Let S=BESTMED(Q,P,C_i,C_d,C_s), where C_dis the deletion cost function, C_iis the substitution cost functions, and BESTMED( . . . ) returns the score of the first element in the last column of the MED cost matrix that is ≦S_max(or ∞ otherwise). Then emit Q as a keyword occurrences if S≦S_max. For each node linked to the current node, perform V-best token set merging of the current node's token set into the target node's token set.
A number of optimisations can be used to improve throughput of this search process. In particular, MED calculations can be aggressively optimised to reduce processing time. One such optimisation is to only calculate successive columns of the MED matrix if the minimum element of the current column is less than S_max, since by definition the minimum of a MED matrix column is always greater than or equal to the minimum of the previous column.
Another optimisation is the removal of lattice traversal from query-time processing. Since the paths traversed through the lattice are independent of the queried phone sequence (traversal is done purely by maximum likelihood), it is possible to perform the lattice traversal during the speech preparation stage and hence only store the observed phone sequences at each node for searching at query-time. Therefore, if the maximum query phone sequence length is fixed at N_maxand the maximum sequence match score is preset at S_max, it is only necessary to store observed phone sequences of length M_max=N_max+MAX(C_i)×S_maxfor searching at query time. Query-time processing then reduces to simply calculating the MED between each stored observed phone sequence Q(Θ,i) and the target phone sequence P=(p₁, p₂, . . . p_N).
This optimisation results in a significant reduction in the complexity of query-time processing. Whereas in the previous approach, full Viterbi traversal was required, processing using this optimised approach is now a linear progression through a set of observed phone sequences. The improved lattice building algorithm is as follows.
Firstly the recognition lattice is constructed using the same approach as in the basic method discussed above. Let A={ }, where A is the collection of observed phone sequences. For each node in the phone-lattice, where node list traversal is done in time-order, for each token in the top K scoring tokens in the current node, let Q=(q₁, . . . , q_Mmax) be the observed phone sequence obtained by traversing the token history backwards M_maxlevels. The sequence Q is the appended to the collection A, for each node linked to the current node perform V-best token set merging of the current node's token set into the target node's token set. The observed phone sequence collection is the stored for subsequent searching.
The recognition lattice can now be discarded as it is no longer required for query-time searching, this allows the considerably simpler query time search algorithm. Firstly the previously computed observed phone sequence collection for the current utterance then for each member, Q of the collection of observation sequences, A Let S=BESTMED(Q,P,Ci,Cd,Cs) then emit Q as a putative occurrence if S≦S_max.
Both of the above discussed algorithms utilise a Minimum Edit Distance (or Levenstien distance) Cost matrix. The Levenstein distance measures the minimum cost of transforming one string to another. Transformation is performed by successive applications of one of four transformations matching, substitution, insertion and deletion.

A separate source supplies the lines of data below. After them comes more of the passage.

-- ===== src/Async/Drain/Agreement.antt =====
-- A drain that nothing interrupts does what the synchronous one does.
use redis_rate_limiter.Prelude.{
  ℕ, ◌-◌, ◌*◌, ◌^◌, min, arith, ◌≡◌, refl, ap, ◌∙◌, Bool, true, false, Option, none, some, List, [],
  ◌∷◌, ◌++◌, ltb, leb, if◌then◌else◌, Bool-cases, inl, inr,
}
use mathlib.Core.List.{append_assoc, append-nil}
use redis_rate_limiter.Prelude.Text.{Text}
use redis_rate_limiter.Redis.{Redis}
use redis_rate_limiter.Limiter.{Limiter}
use redis_rate_limiter.Limiter.Consume.{ConsumeResult, consume}
use redis_rate_limiter.Scripts.Clock.{Time}
use redis_rate_limiter.Scripts.Task.{Task, is_marker}
use redis_rate_limiter.Drain.{
  Action, schedule_drain, Drained, Draw, Clocks, dispatch, after_consume, settle, retry_delay,
  backoff_delay, drain_inner, drain_unless_paused, drain,
}
use redis_rate_limiter.Async.{Co, done, ◌>>=◌, complete, complete-bind}
use redis_rate_limiter.Async.Drain.{
  Draining, ask, dispatch_async, conclude, retry_delay_async, stop_actions, after_consume_async,
  after_reply, settle_async, drain_inner_async, drain_unless_paused_async, after_refresh,
  drain_async,
}

-- What a part of a drain has done: its actions are added, and it tells whether it raised.
abbrev asked : {R : Redis} → Draining R → Drained → Draining R × Bool
asked s d = (record s { actions = s.actions ++ d.actions }, d.raised)

complete-dispatch_async :
    {R : Redis} (accepts : Task → Bool) (o : Option Task) (n : ℕ) (s : Draining R)
    → complete (dispatch_async accepts o n) s ≡ asked s (dispatch accepts o n)
unfolding complete dispatch_async dispatch ask
complete-dispatch_async accepts none n s = simp (append-nil)
complete-dispatch_async accepts (some task) n s = elim (Bool-cases (is_marker task)) [
  | inl marker ↦ rw marker refl
  | inr other ↦ elim (Bool-cases (accepts task)) [
    | inl fine ↦ rw (other, fine) (simp (append_assoc))
    | inr broken ↦ rw (other, broken) refl
  ]
]

retry_delay_async-eq :
    (l : Limiter) (draw : Draw) (r : ConsumeResult)
    → retry_delay_async l draw r ≡ retry_delay l draw r
unfolding retry_delay_async retry_delay
retry_delay_async-eq l draw r = elim (Bool-cases (leb r.val_previous 0)) [
  | inl none_before ↦ rw none_before refl
  | inr some_before ↦ rw some_before refl
]

-- Where nothing was admitted and it has not yielded, both ask for the same, and do not raise.
stop_actions-eq :
    (accepts : Task → Bool) (l : Limiter) (draw : Draw) (r : ConsumeResult)
    → r.yielded ≡ false
    → r.success ≡ false
    → after_consume accepts l draw r ≡ record { actions = stop_actions l draw r; raised = false }
unfolding after_consume stop_actions
stop_actions-eq accepts l draw r n lost = rw (n, lost, retry_delay_async-eq) (ground arith)

after_consume_async-conclude :
    {R : Redis} (accepts : Task → Bool) (draw : Draw) (r : ConsumeResult)
    → r.yielded ≡ false
    → r.success ≡ false
    → after_consume_async {R = R} accepts draw r ≡ conclude draw r
unfolding after_consume_async
after_consume_async-conclude accepts draw r n lost = simp (n, lost)

complete-stopped :
    {R : Redis} (accepts : Task → Bool) (draw : Draw) (r : ConsumeResult) (s : Draining R)
    → r.yielded ≡ false
    → r.success ≡ false
    → complete (after_consume_async accepts draw r) s
      ≡ asked s (after_consume accepts s.limiter draw r)
unfolding complete conclude
complete-stopped accepts draw r s n lost =
    rw
      (
        after_consume_async-conclude accepts draw r n lost,
        stop_actions-eq accepts s.limiter draw r n lost,
      )
      refl

complete-after_consume_async :
    {R : Redis} (accepts : Task → Bool) (draw : Draw) (r : ConsumeResult) (s : Draining R)
    → complete (after_consume_async accepts draw r) s
      ≡ asked s (after_consume accepts s.limiter draw r)
unfolding complete after_consume_async conclude after_consume
complete-after_consume_async accepts draw r s = elim (Bool-cases r.yielded) [
  | inl y ↦ rw y refl
  | inr n ↦ elim (Bool-cases r.success) [
    | inl won ↦ rw (n, won) (complete-dispatch_async accepts r.task r.remaining_tasks s)
    | inr lost ↦ complete-stopped accepts draw r s n lost
  ]
]

backoff_delay-eq : (l : Limiter) (n : ℕ) → backoff_delay l n ≡ min l.window_ms (2 ^ (n - 1) * 100)
unfolding backoff_delay
backoff_delay-eq l n = ap (λ (d : ℕ). min l.window_ms d) (omega arith)

complete-settle_async :
    {R : Redis} (d : Drained) (raised : Bool) (s t : Draining R)
    → d.raised ≡ raised
    → t ≡ record s { actions = s.actions ++ d.actions }
    → complete (settle_async raised) t ≡ (
      record s { limiter = (settle s.limiter d).0; actions = s.actions ++ (settle s.limiter d).1 },
      tt,
    )
unfolding complete settle_async settle
complete-settle_async d true s t raised e = rw (e, raised, backoff_delay-eq) (simp (append_assoc))
complete-settle_async d false s t fine e = rw (e, fine) refl

module _ (R : Redis) (loads : Text → Task) (accepts : Task → Bool) where
  complete-drain_inner_async :
      (time : Time) (capacity : Bool) (draw : Draw) (s : Draining R)
      → let (db', d) = drain_inner R loads accepts time capacity draw s.limiter s.db in
        complete (drain_inner_async R loads accepts time capacity draw) s
        ≡ asked (record s { db = db' }) d
  unfolding complete drain_inner drain_inner_async after_reply
  complete-drain_inner_async time false draw s = refl
  complete-drain_inner_async time true draw s =
      elim (consume R loads time s.limiter s.db).1
        as (λ o.
          let d = elim o as (λ _. Drained) [
            | none ↦ record { actions = []; raised = true }
            | some r ↦ after_consume accepts s.limiter draw r
          ] in
          complete (after_reply accepts draw o)
            (record s { db = (consume R loads time s.limiter s.db).0 })
          ≡ asked (record s { db = (consume R loads time s.limiter s.db).0 }) d) [
            | none ↦ simp (append-nil)
            | some r ↦
                complete-after_consume_async accepts draw r
                  (record s { db = (consume R loads time s.limiter s.db).0 })
          ]

  complete-paused :
      (paused : Bool) (clocks : Clocks) (capacity : Bool) (draw : Draw) (s : Draining R)
      → let pause =
          schedule_drain (record { num = s.limiter.drain_paused_until - clocks.wall; den = 1 })
          ∷ [] in
        let (db', d) = drain_inner R loads accepts clocks.server capacity draw s.limiter s.db in
        let (l', actions) = settle s.limiter d in
        let (db'', l'', actions'') =
          if◌then◌else◌ {A = R.Db × Limiter × List Action} paused
            (s.db, s.limiter, pause)
            (db', l', actions) in
        complete
          (if paused
            then ask pause (done tt)
            else drain_inner_async R loads accepts clocks.server capacity draw >>= settle_async)
          s
        ≡ (record { db = db''; limiter = l''; actions = s.actions ++ actions'' }, tt)
  unfolding complete ask
  complete-paused true clocks capacity draw s = refl
  complete-paused false clocks capacity draw s =
      let (db', d) = drain_inner R loads accepts clocks.server capacity draw s.limiter s.db in
      let inner = complete-drain_inner_async clocks.server capacity draw s in
      complete-bind (drain_inner_async R loads accepts clocks.server capacity draw) settle_async s
      ∙ (rw (ap (λ x. x.1) inner)
          (complete-settle_async d d.raised (record s { db = db' }) _ refl (ap (λ x. x.0) inner)))

  complete-drain_unless_paused_async :
      (clocks : Clocks) (capacity : Bool) (draw : Draw) (s : Draining R)
      → let (db', l', actions) =
          drain_unless_paused R loads accepts clocks capacity draw s.limiter s.db in
        complete (drain_unless_paused_async R loads accepts clocks capacity draw) s
        ≡ (record { db = db'; limiter = l'; actions = s.actions ++ actions }, tt)
  unfolding complete drain_unless_paused drain_unless_paused_async
  complete-drain_unless_paused_async clocks capacity draw s =
      complete-paused (ltb clocks.wall s.limiter.drain_paused_until) clocks capacity draw s

  -- The end of a refresh, which raised or gave a limiter.
  complete-after_refresh :
      (o : Option Limiter) (clocks : Clocks) (capacity : Bool) (draw : Draw) (s : Draining R)
      → let failed = settle s.limiter (record { actions = []; raised = true }) in
        let (db', l', actions) = elim o as (λ _. R.Db × Limiter × List Action) [
          | none ↦ (s.db, failed.0, failed.1)
          | some fresh ↦ drain_unless_paused R loads accepts clocks capacity draw fresh s.db
        ] in
        let (t, raised) = elim o as (λ _. Draining R × Bool) [
          | none ↦ (s, true)
          | some l ↦ (record s { limiter = l }, false)
        ] in
        complete (after_refresh R loads accepts clocks capacity draw raised) t
        ≡ (record { db = db'; limiter = l'; actions = s.actions ++ actions }, tt)
  unfolding complete after_refresh settle_async
  complete-after_refresh none clocks capacity draw s =
      complete-settle_async (record { actions = []; raised = true }) true s s refl
        (simp (append-nil))
  complete-after_refresh (some l) clocks capacity draw s =
      complete-drain_unless_paused_async clocks capacity draw (record s { limiter = l })

  module _ (refresh_config : Co (Draining R) Bool) (refresh : Limiter → Option Limiter) where
    -- refresh_config, run alone, does what the synchronous drain takes for it.
    abbrev pub Refreshes : Type 0
    Refreshes =
        (s : Draining R)
        → complete refresh_config s ≡ elim (refresh s.limiter) as (λ _. Draining R × Bool) [
          | none ↦ (s, true)
          | some l ↦ (record s { limiter = l }, false)
        ]

    complete-due :
        Refreshes
        → (due : Bool) (clocks : Clocks) (capacity : Bool) (draw : Draw) (s : Draining R)
        → let stamped = record s.limiter { last_refresh_at = clocks.monotonic } in
          let failed = settle stamped (record { actions = []; raised = true }) in
          let (db', l', actions) =
            if◌then◌else◌ {A = R.Db × Limiter × List Action} due
              (elim (refresh stamped) as (λ _. R.Db × Limiter × List Action) [
                | none ↦ (s.db, failed.0, failed.1)
                | some fresh ↦ drain_unless_paused R loads accepts clocks capacity draw fresh s.db
              ])
              (drain_unless_paused R loads accepts clocks capacity draw s.limiter s.db) in
          complete
            (if due
              then refresh_config >>= after_refresh R loads accepts clocks capacity draw
              else drain_unless_paused_async R loads accepts clocks capacity draw)
            (if due then record s { limiter = stamped } else s)
          ≡ (record { db = db'; limiter = l'; actions = s.actions ++ actions }, tt)
    complete-due agrees false clocks capacity draw s =
        complete-drain_unless_paused_async clocks capacity draw s
    complete-due agrees true clocks capacity draw s =
        let stamped = record s {
          limiter = record s.limiter { last_refresh_at = clocks.monotonic };
        } in
        complete-bind refresh_config (after_refresh R loads accepts clocks capacity draw) stamped
        ∙ rw (agrees stamped)
            (complete-after_refresh (refresh stamped.limiter) clocks capacity draw stamped)

    -- A drain of the asynchronous limiter that no other coroutine interrupts does to the database and
    -- to the limiter what the synchronous one does, and asks for the same, in the same order, if its
    -- refresh_config, run alone, does what the synchronous drain takes for it.
    pub complete-drain_async :
        Refreshes
        → (clocks : Clocks) (capacity : Bool) (draw : Draw) (s : Draining R)
        → let (db', l', actions) =
            drain R loads accepts refresh clocks capacity draw s.limiter s.db in
          complete (drain_async R loads accepts refresh_config clocks capacity draw) s
          ≡ (record { db = db'; limiter = l'; actions = s.actions ++ actions }, tt)
    unfolding complete drain drain_async
    complete-drain_async agrees clocks capacity draw s =
        complete-due agrees (leb 1000 (clocks.monotonic - s.limiter.last_refresh_at)) clocks
          capacity draw s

Typically, each transformation has an associated cost, and hence implicitly the Levenstein algorithm must discover which sequence of transformations results in the cheapest total transformation cost.
In a further embodiment of the present invention the sequences stored within the sequence database may be grouped together to form what the applicant calls hypersequences using a number of predefined criteria.
FIG. 4 illustrates the basic hypersequence generation process 300, here the set of observed sequences 301 generated during the sequence generation process discussed above are grouped together to form a set of hypersequences 302 in accordance with number of predefined criteria (hypersequence rules) 303. The resulting set of observed hypersequences are then stored the hypersequence database 213.
A single hypersequence may then be used to represent each group of sequences. If a sensible hypersequence mapping is used, then at search time, it is possible to simply search the hypersequence database to identify which hypersequences (and thus which corresponding groups of sequences) are most likely to yield a match for the target sequence.
In this way, the sequence database can be represented using a hierarchical structure. Since a hierarchically structured database can be more efficiently searched than a flat structured database, the entire speech retrieval process becomes significantly faster and thus more scalable for large database search tasks.
A significant factor that affects the overall performance gain in hypersequence based searching is the structure of the hypersequence mapping. Let Ξ(θ) be defined as a hypersequence mapping that maps a sequence θ to its corresponding hypersequence
. In order to produce a hypersequence domain that has a smaller search space than the sequence database, the mapping Ξ must be an N→1 mapping. Thus the inverse mapping Ξ⁻¹(
) which maps a hyper sequence to its set of associated sequences (or hypersequence cluster) must be a 1→N mapping.
The hypersequence mapping can thus be considered as a compressing transform, with a compression factor δ. The larger the value of a the more restricted hypersequence search space which results in a faster hypersequence database search. However, too large a value of δ results in a very large number of sequences being associated with each hypersequence, thus resulting in a greater amount of subsequence processing required during the refined search of the sequence database.
Thus the mapping function Ξ(θ) should be selected such that it provides a compromise between domain compression and the average size of the resulting hypersequence sequence clusters. In this particular instance a sequence is mapped to a hypersequence on a per-element basis. That is, given a sequence θ of length N a hypersequence is generated by performing a per-element mapping of each element of θ to result in a hypersequence of length N. Thus the hypersequence transform has the following form:
Ξ(θ^k)=(ξ(θ₁ ^k),ε(θ₂ ^k), . . . ε(θ_N ^k)) 14
Then development of the hypersequence transform reduces to a careful selection of the form of the element mapping function ε(x). A number of forms for this element mapping function may be applied a number of which are detailed below.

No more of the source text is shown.